There's a fascinating table in EA's Quarter Two Financial Year Results. OK, quite fascinating table. It reveals something of why EA is so DLC-happy. The publisher makes more than twice as much money from DLC than it does from full games digitally.
The table shows that in the second quarter of this financial year EA made $89 million from its digital game sales and $195 million from "Extra Content". Hell, EA made $83 million solely from subscriptions and season passes.
This time last year, EA had made $153 million from "Extra Content" so it's seeing massive growth in the amount of cash it's making from DLC and "freemium" content.
The freemium part of the Extra Content is key. Things like the card packs in Fifa's Ultimate Team app, say. Card packs that EA's chief financial officer, Blake Jorgensen, attributes the growth to in particular. In a financial call to investors, Jorgensen says "Extra content and freemium contributed $195 million, up 27% over the prior year. The principal driver of the growth was Ultimate Team across our sports franchises." Card packs aren't a buy-once sort of microtransaction, like buying new levels for Battlefield is; instead they encourage you to return again and again to buy more card packs so you can collect the complete set. Some people have spent hundreds of pounds on Ultimate Team cards, compare that to a £40 season pass and you can see where EA is making its money.

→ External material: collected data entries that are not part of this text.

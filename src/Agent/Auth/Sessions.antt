-- ===== src/Agent/Auth/Sessions.antt =====
-- Sessions: who gets a token, how long it serves, and how many there are.
use mu5250_open_ui.Base.{
  ℕ, ◌+◌, ◌-◌, ◌≤◌, ◌<◌, ◌≡◌, ◌≢◌, ◌⊎◌, refl, ap, ◌∙◌, true, Option, none, some, List, [], ◌∷◌,
  ◌++◌, length, arith, ltb, leb, Bool-cases, inl, inr, length-append, ltb→lt, ltb_false→le,
  leb_false→lt,
}
use mu5250_open_ui.Base.Strings.{str_eq, str_eq_self, str_eq_iff, lookup, lookup-remove}
use mu5250_open_ui.Agent.Auth.{
  AuthState, LoginAttempt, Token, LoginResult, ok, locked, Outside, refused, passed, CredentialKind,
  login_gate, login_against, is_stored, iterated_hash, new_token, clear_failures, live_tokens,
  remove_first, push_token, slide, validate, token_ttl, max_tokens,
}
use mu5250_open_ui.Agent.Auth.Attempts.{gate-cases, attempts_of}
use mu5250_open_ui.Agent.Auth.Lockout.{login_while_locked}

-- Some token has the value, has not expired at `now`, and was opened by a credential of the kind.
abbrev pub HasSession : ℕ → List ℕ → CredentialKind → List Token → Type 0
HasSession now value kind [] = ⊥
HasSession now value kind (t ∷ ts) =
    ((t.value ≡ value) × (now < t.expires) × (t.kind ≡ kind)) ⊎ HasSession now value kind ts

slide_sound :
    (now e : ℕ) (value : List ℕ) (kind : CredentialKind) (ts : List Token)
    → (slide value e (live_tokens now ts)).1 ≡ some kind
    → HasSession now value kind ts
unfolding slide live_tokens
slide_sound now e value kind [] h = cc
slide_sound now e value kind (t ∷ ts) h = elim (Bool-cases (ltb now t.expires)) [
  | inr dead ↦ inr (slide_sound now e value kind ts (rw dead at h))
  | inl live ↦ elim (Bool-cases (str_eq t.value value)) [
    | inl same ↦ inl ((str_eq_iff t.value value).0 same, ground arith, ground arith)
    | inr other ↦ inr (slide_sound now e value kind ts (ground arith))
  ]
]

-- A bearer token is accepted only for a session that has not expired, and with its kind.
pub validate_sound :
    (now : ℕ) (value : List ℕ) (s : AuthState) (kind : CredentialKind)
    → (validate now value s).1 ≡ some kind
    → HasSession now value kind s.tokens
unfolding validate
validate_sound now value s kind h = slide_sound now (now + token_ttl) value kind s.tokens h

slide_again :
    (e e' later : ℕ) (value : List ℕ) (kind : CredentialKind) (ts : List Token)
    → (slide value e ts).1 ≡ some kind
    → later < e
    → (slide value e' (live_tokens later (slide value e ts).0)).1 ≡ some kind
unfolding slide live_tokens
slide_again e e' later value kind [] h lt = cc
slide_again e e' later value kind (t ∷ ts) h lt =
    ground (arith, slide_again e e' later value kind ts)

-- Each use of a session renews it: a token that is accepted is accepted again at any time less than
-- the session length after that, with the same kind.
pub validate_slides :
    (now later : ℕ) (value : List ℕ) (s : AuthState) (kind : CredentialKind)
    → (validate now value s).1 ≡ some kind
    → later < now + token_ttl
    → (validate later value (validate now value s).0).1 ≡ some kind
unfolding validate
validate_slides now later value s kind h lt =
    slide_again (now + token_ttl) (later + token_ttl) later value kind (live_tokens now s.tokens) h
      lt

abbrev pub NoToken : List ℕ → List Token → Type 0
NoToken value [] = Unit
NoToken value (t ∷ ts) = (t.value ≢ value) × NoToken value ts

live_tokens-NoToken :
    (now : ℕ) (value : List ℕ) (ts : List Token)
    → NoToken value ts
    → NoToken value (live_tokens now ts)
unfolding live_tokens
live_tokens-NoToken now value [] h = h
live_tokens-NoToken now value (t ∷ ts) h = elim (Bool-cases (ltb now t.expires)) [
  | inl e ↦ rw e (h.0, live_tokens-NoToken now value ts h.1)
  | inr e ↦ rw e (live_tokens-NoToken now value ts h.1)
]

slide_last :
    (later e : ℕ) (t : Token) (ts : List Token)
    → NoToken t.value ts
    → later < t.expires
    → (slide t.value e (live_tokens later (ts ++ t ∷ []))).1 ≡ some t.kind
unfolding slide live_tokens
slide_last later e t [] h lt = ground (arith, str_eq_self t.value)
slide_last later e t (u ∷ ts) h lt =
    ground (arith, str_eq_iff u.value t.value, slide_last later e t ts)

remove_first-NoToken :
    (value : List ℕ) (ts : List Token) → NoToken value ts → NoToken value (remove_first ts)
remove_first-NoToken value [] h = h
remove_first-NoToken value (t ∷ ts) h = h.1

slide-push_token :
    (now later e : ℕ) (t : Token) (ts : List Token)
    → NoToken t.value ts
    → later < t.expires
    → (slide t.value e (live_tokens later (push_token now t ts))).1 ≡ some t.kind
unfolding push_token
slide-push_token now later e t ts h lt =
    let live = live_tokens-NoToken now t.value ts h in
    elim (Bool-cases (leb max_tokens (length (live_tokens now ts)))) [
      | inl full ↦ rw full (
          slide_last later e t (remove_first (live_tokens now ts))
            (remove_first-NoToken t.value (live_tokens now ts) live) lt)
      | inr room ↦ rw room (slide_last later e t (live_tokens now ts) live lt)
    ]

pub length-live_tokens : (now : ℕ) (ts : List Token) → length (live_tokens now ts) ≤ length ts
unfolding live_tokens
length-live_tokens now [] = omega arith
length-live_tokens now (t ∷ ts) = ground (arith, length-live_tokens now ts)

length-remove_first : (ts : List Token) → length (remove_first ts) ≡ length ts - 1
length-remove_first [] = omega arith
length-remove_first (t ∷ ts) = omega arith

pub length-push_token :
    (now : ℕ) (t : Token) (ts : List Token)
    → length ts ≤ max_tokens
    → length (push_token now t ts) ≤ max_tokens
unfolding push_token
length-push_token now t ts h =
    let live = length-live_tokens now ts in
    elim (Bool-cases (leb max_tokens (length (live_tokens now ts)))) [
      | inl full ↦
          rw (full, length-append (remove_first (live_tokens now ts)) (t ∷ []))
            (omega (arith, length-remove_first (live_tokens now ts)))
      | inr room ↦
          rw (room, length-append (live_tokens now ts) (t ∷ []))
            (omega (arith, leb_false→lt max_tokens (length (live_tokens now ts)) room))
    ]

stored_cases :
    (stored : Option (List ℕ)) (hash : List ℕ) → is_stored stored hash ≡ true → stored ≡ some hash
unfolding is_stored
stored_cases none hash e = cc
stored_cases (some h) hash e = ap some ((str_eq_iff h hash).0 e)

module _ (sha256 : List ℕ → List ℕ) (o : Outside) (credential : List ℕ) (stored : Option (List ℕ))
    (ip : List ℕ) (kind : CredentialKind) where
  abbrev pub login : AuthState → AuthState × LoginResult
  login s = login_against sha256 o credential stored ip kind s

  abbrev hash_of : AuthState → List ℕ
  hash_of s = iterated_hash sha256 s.salt credential

  -- What a login that succeeds leaves.
  record Opened (s : AuthState) (token : List ℕ) : Type 0 where
    matches : is_stored stored (hash_of s) ≡ true
    value : token ≡ new_token sha256 o (hash_of s)
    tokens :
        (login s).0.tokens
        ≡ push_token o.instant
            (record { value = token; expires = o.instant + token_ttl; kind = kind })
            s.tokens
    cleared : lookup ip (login s).0.failed_logins ≡ none

  gate_ok :
      (s' s : AuthState) (token : List ℕ)
      → (login_gate sha256 o credential stored ip kind (passed s') s).1 ≡ ok token
      → (is_stored stored (hash_of s') ≡ true) × (token ≡ new_token sha256 o (hash_of s'))
  unfolding login_gate
  gate_ok s' s token h = ground arith

  gate_opened :
      (s' s : AuthState)
      → is_stored stored (hash_of s') ≡ true
      → ((login_gate sha256 o credential stored ip kind (passed s') s).0.tokens
          ≡ push_token o.instant
              (record {
                value = new_token sha256 o (hash_of s');
                expires = o.instant + token_ttl;
                kind = kind;
              })
              s'.tokens)
        × (lookup ip (login_gate sha256 o credential stored ip kind (passed s') s).0.failed_logins
            ≡ none)
  unfolding login_gate
  gate_opened s' s e = rw e (refl, lookup-remove ip ip s'.failed_logins ∙ rw (str_eq_self ip))

  login-Opened : (s : AuthState) (token : List ℕ) → (login s).1 ≡ ok token → Opened s token
  unfolding login_against
  login-Opened s token h = elim (gate-cases ip o.epoch s) [
    | inl (n, shut) ↦ absurd (refused_ok n (rw shut at h))
    | inr (inl unlocked) ↦
        let (e, v) = gate_ok s s token (rw unlocked at h) in
        let (ts, cleared) = gate_opened s s e in
        record {
          matches = e;
          value = v;
          tokens = rw (unlocked, v) ts;
          cleared = rw unlocked cleared;
        }
    | inr (inr lapsed) ↦
        let s' = clear_failures ip s in
        let (e, v) = gate_ok s' s token (rw lapsed at h) in
        let (ts, cleared) = gate_opened s' s e in
        record { matches = e; value = v; tokens = rw (lapsed, v) ts; cleared = rw lapsed cleared }
  ]
    where
      refused_ok :
          (n : ℕ) → (login_gate sha256 o credential stored ip kind (refused n) s).1 ≡ ok token → ⊥
      refused_ok n e = unfold login_gate in cc

  -- A login succeeds only with the credential whose salted hash is stored, and never while its
  -- client is locked out; it forgets the client's failures.
  pub login_sound :
      (s : AuthState) (token : List ℕ)
      → (login s).1 ≡ ok token
      → (stored ≡ some (iterated_hash sha256 s.salt credential))
        × ((a : LoginAttempt) → attempts_of ip s ≡ some a → 5 ≤ a.count → a.locked_until ≤ o.epoch)
        × (attempts_of ip (login s).0 ≡ none)
  login_sound s token h =
      let opened = login-Opened s token h in
      (is_stored_sound (hash_of s) opened.matches, not_locked, opened.cleared)
    where
      is_stored_sound : (hash : List ℕ) → is_stored stored hash ≡ true → stored ≡ some hash
      is_stored_sound hash e = stored_cases stored hash e

      locked_ok : {n : ℕ} → login s ≡ (s, locked n) → ⊥
      locked_ok e = cc (ap (λ (r : AuthState × LoginResult). r.1) e, h)

      not_locked :
          (a : LoginAttempt) → attempts_of ip s ≡ some a → 5 ≤ a.count → a.locked_until ≤ o.epoch
      not_locked a e le = elim (Bool-cases (ltb o.epoch a.locked_until)) [
        | inr late ↦ ltb_false→le o.epoch a.locked_until late
        | inl early ↦ absurd (
            locked_ok (
              login_while_locked sha256 ip o credential stored kind s a e le
                (ltb→lt o.epoch a.locked_until early)))
      ]

  -- The token that a login returns opens a session of its kind: where no session had that token before, the
  -- first call behind the login accepts it, if it comes less than the session length after it.
  pub login_opens_session :
      (s : AuthState) (token : List ℕ) (later : ℕ)
      → (login s).1 ≡ ok token
      → NoToken token s.tokens
      → later < o.instant + token_ttl
      → (validate later token (login s).0).1 ≡ some kind
  unfolding validate
  login_opens_session s token later h fresh lt =
      let opened = login-Opened s token h in
      rw (opened.tokens) (
        slide-push_token o.instant later (later + token_ttl)
          (record { value = token; expires = o.instant + token_ttl; kind = kind }) s.tokens fresh
          lt)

The important point about the graph above is that it only accounts for digital revenues and not total game sales. However, Jorgensen reveals that, except for FIFA (which is primarily bought in shops), EA's games "averaged around 20% full game downloads". This suggests that all told EA made about $450 million on full game sales in the last quarter, meaning DLC makes EA nearly half as much money as all its full game sales.
Jorgensen also makes the point in the investor call that digital game sales are only set to increase because currently EA "still sell gen 3 products [PlayStation 3 and Xbox 360 games]. And gen 3 products are typically doing full game downloads at a much lower level." Another thing he thinks will change is the quality of internet: "two factors bring down full game downloads today in Europe: one is bandwidth speeds in some countries; and two is many retailers in Europe, particularly in Great Britain, use FIFA as a way of driving traffic into the store, and they like a physical copy to help do that.
"We're seeing very strong full game downloads continue in North America. And as a reminder, the PC business that we have, we see full game downloads there roughly 75%. And so there's still a lot of headroom, we believe, in the full game download opportunity for us, going forward."
With that level of success from DLC and microtransactions you can't expect EA to move away from the model any time soon, particularly as the money its making is growing yearly.